Idk, are people interested in these things? I know most people aren't, and there's absolutely nothing wrong with that (you can still build strong models without this knowledge, but it is definitely helpful). I do feel that we often call these things black boxes but they aren't completely opaque. They sure aren't transparent, especially through scale, but they aren't "black" either. (Allen-Zhu & Li's Physics of LLMs is a great resource btw and I'd love if other users posted/referenced more things they liked.
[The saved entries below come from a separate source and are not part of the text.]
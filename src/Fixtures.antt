-- ===== src/Fixtures.antt =====
-- Concrete functions that meet the assumptions of `External`, for the examples: a percentage by
-- division, a ledger of balances, and a set as a list, in which a
-- repetition does not count.
use zero_dao_node.Base.{
  ℕ, ◌+◌, ◌-◌, ◌*◌, ◌/◌, ◌%◌, ◌≤◌, ◌<◌, ◌≡◌, refl, ◌≢◌, ◌&&◌, arith, ltb, leb, ◌==◌, if◌then◌else◌,
  u128, List, [], ◌∷◌, Bool, false, not, ◌||◌,
}
use zero_dao_node.Base.StorageMap.{StorageMap, get_or, insert, get_or-insert}
use zero_dao_node.Dispatch.{Result, ok, err, DispatchError}
use zero_dao_node.External.{Perbill, MultiCurrency, OrderedSet}

pub mul_floor_below : (p x : ℕ) → p * x / 1_000_000_000 * 1_000_000_000 ≤ p * x
mul_floor_below p x = omega arith

pub mul_floor_above : (p x : ℕ) → p * x < (p * x / 1_000_000_000 + 1) * 1_000_000_000
mul_floor_above p x = omega arith

abbrev pub parts : Perbill
parts = record {
  from_percent = λ n. n * 10_000_000;
  from_perthousand = λ n. n * 1_000_000;
  mul_floor = λ p x. p * x / 1_000_000_000;
  from_percent_parts = λ n h. refl;
  from_perthousand_parts = λ n h. refl;
  mul_floor_below = mul_floor_below;
  mul_floor_above = mul_floor_above;
}

-- The balance of an account, as a `u128`.
unfoldable pub balance : ℕ → StorageMap ℕ → ℕ
balance a q = get_or 0 a q % u128

unfoldable pub move : ℕ → ℕ → ℕ → StorageMap ℕ → Result (StorageMap ℕ)
move a b n q =
    if a == b
    then ok q
    else if leb n (balance a q) && ltb (balance b q + n) u128
    then ok (insert b (balance b q + n) (insert a (balance a q - n) q))
    else err DispatchError.currency

unfoldable pub burn : ℕ → ℕ → StorageMap ℕ → StorageMap ℕ
burn a n q = insert a (balance a q - n) q

pub balance_bound : (a : ℕ) (q : StorageMap ℕ) → balance a q < u128
unfolding balance
balance_bound a q = omega arith

pub move_from :
    (a b n : ℕ) (q q' : StorageMap ℕ)
    → a ≢ b
    → move a b n q ≡ ok q'
    → balance a q' + n ≡ balance a q
unfolding move balance
move_from a b n q q' h e =
    let m = insert a (balance a q - n) q in
    ground (arith, get_or-insert 0 a b (balance b q + n) m, get_or-insert 0 a a (balance a q - n) q)

pub move_to :
    (a b n : ℕ) (q q' : StorageMap ℕ)
    → a ≢ b
    → move a b n q ≡ ok q'
    → balance b q' ≡ balance b q + n
unfolding move balance
move_to a b n q q' h e =
    ground (arith, get_or-insert 0 b b (balance b q + n) (insert a (balance a q - n) q))

pub burn_at_most : (a n : ℕ) (q : StorageMap ℕ) → balance a q ≤ balance a (burn a n q) + n
unfolding burn balance
burn_at_most a n q = ground (arith, get_or-insert 0 a a (balance a q - n) q)

abbrev pub ledger : MultiCurrency (StorageMap ℕ)
ledger = record {
  free_balance = balance;
  transfer = move;
  slash = burn;
  free_balance_bound = balance_bound;
  transfer_from = move_from;
  transfer_to = move_to;
  slash_at_most = burn_at_most;
}

unfoldable pub contains : ℕ → List ℕ → Bool
contains x [] = false
contains x (y ∷ ys) = x == y || contains x ys

unfoldable pub add : ℕ → List ℕ → List ℕ
add x ys = if contains x ys then ys else x ∷ ys

unfoldable pub without : ℕ → List ℕ → List ℕ
without x [] = []
without x (y ∷ ys) = let rest = without x ys in if x == y then rest else y ∷ rest

unfoldable pub count : List ℕ → ℕ
count [] = 0
count (y ∷ ys) = if contains y ys then count ys else count ys + 1

unfoldable pub without_all : List ℕ → List ℕ → List ℕ
without_all [] ys = ys
without_all (x ∷ xs) ys = without x (without_all xs ys)

pub contains-nil : (x : ℕ) → contains x [] ≡ false
unfolding contains
contains-nil x = refl

pub count-nil : count [] ≡ 0
unfolding count
count-nil = refl

pub contains-add : (x y : ℕ) (ys : List ℕ) → contains x (add y ys) ≡ (x == y || contains x ys)
unfolding contains add
contains-add x y ys = ground arith

pub contains-without :
    (x y : ℕ) (ys : List ℕ) → contains x (without y ys) ≡ (not (x == y) && contains x ys)
unfolding contains without
contains-without x y [] = ground arith
contains-without x y (z ∷ ys) = ground (arith, contains-without x y ys)

pub count-add :
    (x : ℕ) (ys : List ℕ) → count (add x ys) ≡ (if contains x ys then count ys else count ys + 1)
unfolding count add
count-add x ys = ground arith

pub count-without :
    (x : ℕ) (ys : List ℕ) → count (without x ys) + (if contains x ys then 1 else 0) ≡ count ys
unfolding count without contains
count-without x [] = refl
count-without x (y ∷ ys) = ground (arith, count-without x ys, contains-without y x ys)

abbrev pub listed : OrderedSet (List ℕ)
listed = record {
  empty = [];
  contains = contains;
  insert = add;
  remove = without;
  len = count;
  to_vec = λ ys. ys;
  sub_set = without_all;
  contains-empty = contains-nil;
  contains-insert = contains-add;
  contains-remove = contains-without;
  len-empty = count-nil;
  len-insert = count-add;
  len-remove = count-without;
}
I purposefully didn't link btw)

So, I do like the post, and I think it has good value (and certainly there is always value in teaching to learn!), but I disagree with the HN title and post's subtitle.

[0] https://news.ycombinator.com/item?id=38834244

3 comments

Hey @godelski! Author of the blog post here.

I really appreciate you taking the time to provide all this feedback. This feedback + additional resources are extremely useful.

I agree that the subtitle is not as accurate as it could be. I'll revisit it! As for content updates, I've been doing some additional updates in the last days based on feedback (e.g. more info about tokenization and the token embeddings). Although diving in some of your suggestions is likely out of scope for this article, I in particular agree that expanding the attention mechanism content (e.g. the analogy with databases or explaining what is dot product) would increase the quality of the article. I will look into expanding this!

I also think a more rigorous, separate mathematical exploration into attention mechanisms and recent advancements would be a great tool for the ecosystem.

Once again, thank you for all the amazing feedback!

Hey, I'm glad you found it useful. I know it is hard to take critique, but I did enjoy the post. I truly do mean the critique is coming from a place of love. And I hope the comment helps others find more (I guess I'm writing a blog post now). I do feel there is often this gap between nearly no math and way too much math that causes a lot of people to come away with "you don't need math for ML" which is... idk... partially correct but not? haha. I'm a bit mathy of a person so you just caught a pet peeve of mine. I definitely agree what I said is out of scope for how you wrote but I will stand with my subtitle critique ;) I still do like the article though

And I just realized we're in a slack channel together haha (I don't think we've ever talked though). I poked around your website and saw you're at HF. Love you guys to death. You all also have tons of awesome blog posts and you're one of the most useful forces in ML. So I really do appreciate all the work.

Can you link a resource that is able to adequately explain why they're called Key, Query, and Value? Every explanation I've read eventually handwaved this. It feels like understanding why they're named that is key (heh) to understanding the concept, rather than just blindly implementing matmul.
https://stats.stackexchange.com/questions/421935/what-exactl...

It mentions it comes from the original Attention Is All You Need paper and goes on into more detail.

It seems to be named exactly as you would expect. Key/Value as in KV store, with Query being the term being retrived.

> Idk, are people interested in these things?

Yes, absolutely. Would be awesome to read deeper.

Seconded.
Looks like I'll be writing a blog lol.